The General Scheduling Problem (GSP) generalizes scheduling problems with sum of cost objectives such as weighted flow time and weighted tardiness. Given a set of jobs with processing times, release dates, and job dependent cost functions, we seek to find a minimum cost preemptive schedule on a single machine. The best known algorithm for this problem and also for weighted flow time/tardiness is an O(loglog P)-approximation (where P denotes the range of the job processing times), while the best lower bound shows only strong NP-hardness. When release dates are identical there is also a gap: the problem remains strongly NP-hard and the best known approximation algorithm has a ratio of e+\epsilon (running in quasi-polynomial time). We reduce the latter gap by giving a QPTAS if the numbers in the input are quasi-polynomially bounded, ruling out the existence of an APX-hardness proof unless NP\subseteq DTIME(2^polylog(n)).
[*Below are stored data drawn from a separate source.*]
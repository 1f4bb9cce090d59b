-- ===== src/Simulator/Lookups.antt =====
-- `lookup_puzzle_hashes` and the header hashes of crates/chia-sdk-test/src/simulator.rs.
use chia_wallet_sdk.Prelude.{
  ℕ, ◌+◌, ◌≤◌, ◌<◌, ◌≡◌, refl, ap, ◌∙◌, inl, inr, Bool, true, false, ◌||◌, ◌&&◌, none, some, List,
  [], ◌∷◌, arith, ◌==◌, if◌then◌else◌, contains, nat_eq, Option-cases, Bool-cases, All,
  get_elem?-append_one, get_elem?_within,
}
use mathlib.Core.Option
use chia_wallet_sdk.Prelude.IndexMap.{
  IndexMap, IsMap, Entries, lookup, insert, contains_key, contains_key_iff, lookup-insert,
  Entries-lookup, insert-IsMap, values,
}
use chia_wallet_sdk.Protocol.{Bytes32, CoinState, u32_size}
use chia_wallet_sdk.Simulator.{
  External, Simulator, create_block, insert_state, collect_matching, collect_ids, collect_hinted,
  puzzle_hash_states, lookup_puzzle_hashes, header_hash_of,
}
use chia_wallet_sdk.Simulator.Invariant.{IsWf}

-- `acc'` has the entries of `acc` and, where `wanted`, those of `all`.
abbrev Adds :
    IndexMap CoinState → (Bytes32 → Bool) → IndexMap CoinState → IndexMap CoinState → Type 0
Adds all wanted acc acc' =
    (IsMap acc → IsMap acc')
    × ((j : Bytes32) → lookup j acc' ≡ (if wanted j then lookup j all else lookup j acc))

insert_state-Adds :
    (all : IndexMap CoinState) (id : Bytes32) (acc : IndexMap CoinState)
    → contains_key id all ≡ true
    → (acc' : IndexMap CoinState) × (insert_state all id acc ≡ some acc')
      × Adds all (λ j. id == j) acc acc'
unfolding insert_state
insert_state-Adds all id acc known =
    let (cs, e) = contains_key_iff id all known in
    (
      insert id cs acc,
      rw (e, insert_state),
      (insert-IsMap id cs acc, λ j. ground (arith, lookup-insert id j cs acc, e)),
    )

collect_ids-Adds :
    (all : IndexMap CoinState) (ids : List Bytes32) (acc : IndexMap CoinState)
    → All (λ id. contains_key id all ≡ true) ids
    → (acc' : IndexMap CoinState) × (collect_ids all ids acc ≡ some acc')
      × Adds all (contains ids) acc acc'
unfolding collect_ids
collect_ids-Adds all [] acc known = (acc, refl, (λ m. m, λ j. refl))
collect_ids-Adds all (id ∷ ids) acc known =
    let (acc1, e1, adds1) = insert_state-Adds all id acc known.0 in
    let (acc2, e2, adds2) = collect_ids-Adds all ids acc1 known.1 in
    (
      acc2,
      rw (e1, collect_ids) e2,
      (λ m. adds2.0 (adds1.0 m), λ j. ground (arith, adds1.1 j, adds2.1 j)),
    )

-- A coin is hinted by one of the puzzle hashes.
abbrev pub hinted_among : IndexMap (List Bytes32) → List Bytes32 → Bytes32 → Bool
hinted_among hinted [] id = false
hinted_among hinted (ph ∷ phs) id =
    (elim (lookup ph hinted) [ none ↦ false | some ids ↦ contains ids id ])
    || hinted_among hinted phs id

collect_hinted-Adds :
    (all : IndexMap CoinState) (hinted : IndexMap (List Bytes32)) (phs : List Bytes32)
    (acc : IndexMap CoinState)
    → Entries (λ hint ids. All (λ id. contains_key id all ≡ true) ids) hinted
    → (acc' : IndexMap CoinState) × (collect_hinted all hinted phs acc ≡ some acc')
      × Adds all (hinted_among hinted phs) acc acc'
unfolding collect_hinted
collect_hinted-Adds all hinted [] acc known = (acc, refl, (λ m. m, λ j. refl))
collect_hinted-Adds all hinted (ph ∷ phs) acc known = elim (Option-cases (lookup ph hinted)) [
  | inl e ↦
      let (acc', e', adds) = collect_hinted-Adds all hinted phs acc known in
      (acc', rw (e, collect_hinted) e', (adds.0, λ j. ground (arith, adds.1 j, e)))
  | inr (ids, e) ↦
      let (acc1, e1, adds1) = collect_ids-Adds all ids acc (
        Entries-lookup (λ hint ids. All (λ id. contains_key id all ≡ true) ids) ph ids hinted known
          e) in
      let (acc2, e2, adds2) = collect_hinted-Adds all hinted phs acc1 known in
      (
        acc2,
        rw (e, collect_hinted) (rw (e1, collect_hinted) e2),
        (λ m. adds2.0 (adds1.0 m), λ j. ground (arith, adds1.1 j, adds2.1 j, e)),
      )
]

-- A coin of the list has one of the puzzle hashes.
abbrev pub matching : List Bytes32 → IndexMap CoinState → Bytes32 → Bool
matching phs states id = elim (lookup id states) [
  | none ↦ false
  | some cs ↦ contains phs cs.coin.puzzle_hash
]

collect_matching-Adds :
    (all : IndexMap CoinState) (phs : List Bytes32) (rest : IndexMap CoinState)
    (acc : IndexMap CoinState)
    → Entries (λ id cs. contains_key id all ≡ true) rest
    → IsMap rest
    → (acc' : IndexMap CoinState) × (collect_matching all phs rest acc ≡ some acc')
      × Adds all (matching phs rest) acc acc'
unfolding collect_matching lookup
collect_matching-Adds all phs [] acc known m = (acc, refl, (λ n. n, λ j. refl))
collect_matching-Adds all phs ((id, cs) ∷ rest) acc known m =
    elim (Bool-cases (contains phs cs.coin.puzzle_hash)) [
      | inl hit ↦
          let (acc1, e1, adds1) = insert_state-Adds all id acc known.0 in
          let (acc2, e2, adds2) = collect_matching-Adds all phs rest acc1 known.1 m.1 in
          (
            acc2,
            rw (hit, collect_matching) (rw (e1, collect_matching) e2),
            (λ n. adds2.0 (adds1.0 n), λ j. ground (arith, adds1.1 j, adds2.1 j, hit, m.0)),
          )
      | inr miss ↦
          let (acc2, e2, adds2) = collect_matching-Adds all phs rest acc known.1 m.1 in
          (
            acc2,
            rw (miss, collect_matching) e2,
            (adds2.0, λ j. ground (arith, adds2.1 j, miss, m.0)),
          )
    ]

-- A coin is asked for: it has one of the puzzle hashes or, with hints, is hinted by one.
abbrev pub wanted : {R : Type 0} → Simulator R → List Bytes32 → Bool → Bytes32 → Bool
wanted s phs include_hints id =
    matching phs s.coin_states id || (include_hints && hinted_among s.hinted_coins phs id)

module _ {R : Type 0} (x : External R) (s : Simulator R) (w : IsWf x s) where
  known_states :
      (rest : IndexMap CoinState)
      → ((k : ℕ) → contains_key k rest ≡ true → contains_key k s.coin_states ≡ true)
      → Entries (λ id cs. contains_key id s.coin_states ≡ true) rest
  unfolding contains_key lookup
  known_states [] sub = tt
  known_states ((id, cs) ∷ rest) sub =
      (sub id (ground arith), known_states rest (λ k c. sub k (ground arith)))

  -- The lookup by puzzle hashes does not panic, and finds exactly the coins asked for, each once and
  -- with its present state.
  pub puzzle_hash_states_lem :
      (phs : List Bytes32) (include_hints : Bool)
      → (found : IndexMap CoinState) × (lookup_puzzle_hashes s phs include_hints
          ≡ some (values found))
        × IsMap found
        × ((id : Bytes32)
            → lookup id found
              ≡ (if wanted s phs include_hints id then lookup id s.coin_states else none))
  unfolding lookup_puzzle_hashes puzzle_hash_states lookup
  puzzle_hash_states_lem phs false =
      let (acc, e, adds) =
        collect_matching-Adds s.coin_states phs s.coin_states []
          (known_states s.coin_states (λ k c. c)) w.keyed in
      let built : puzzle_hash_states s phs false ≡ some acc = rw (e, puzzle_hash_states) in
      (acc, ap (Option.map values) built, adds.0 tt, λ id. ground (arith, adds.1 id))
  puzzle_hash_states_lem phs true =
      let (acc, e, adds) =
        collect_matching-Adds s.coin_states phs s.coin_states []
          (known_states s.coin_states (λ k c. c)) w.keyed in
      let (found, e2, adds2) =
        collect_hinted-Adds s.coin_states s.hinted_coins phs acc w.hints_known in
      let built : puzzle_hash_states s phs true ≡ some found = rw (e, puzzle_hash_states) e2 in
      (
        found,
        ap (Option.map values) built,
        adds2.0 (adds.0 tt),
        λ id. ground (arith, adds.1 id, adds2.1 id),
      )

  -- The header hashes are those of the heights up to the present one, and the present one is the last.
  header_hash_of-IsWf :
      (height : ℕ) → height ≤ s.height → (hash : Bytes32) × (header_hash_of s height ≡ some hash)
  unfolding header_hash_of
  header_hash_of-IsWf height h = get_elem?_within s.header_hashes height (omega (arith, w.chain))

  -- A new block adds the header hash of its height and keeps those below.
  pub header_hash_of-create_block :
      (height : ℕ)
      → s.height + 1 < u32_size
      → header_hash_of (create_block x s) height
        ≡ (if height == s.height + 1 then some (x.fill s.rng).0 else header_hash_of s height)
  unfolding header_hash_of create_block
  header_hash_of-create_block height small =
      get_elem?-append_one s.header_hashes (x.fill s.rng).0 height ∙ rw w.chain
Our techniques are based on the QPTAS known for the UFP-Cover problem, a particular case of GSP where we must pick a subset of intervals (jobs) on the real line with associated heights and costs. If an interval is selected, its height will help cover a given demand on any point contained within the interval. We reduce our problem to a generalization of UFP-Cover and use a sophisticated divide-and-conquer procedure with interdependent non-symmetric subproblems.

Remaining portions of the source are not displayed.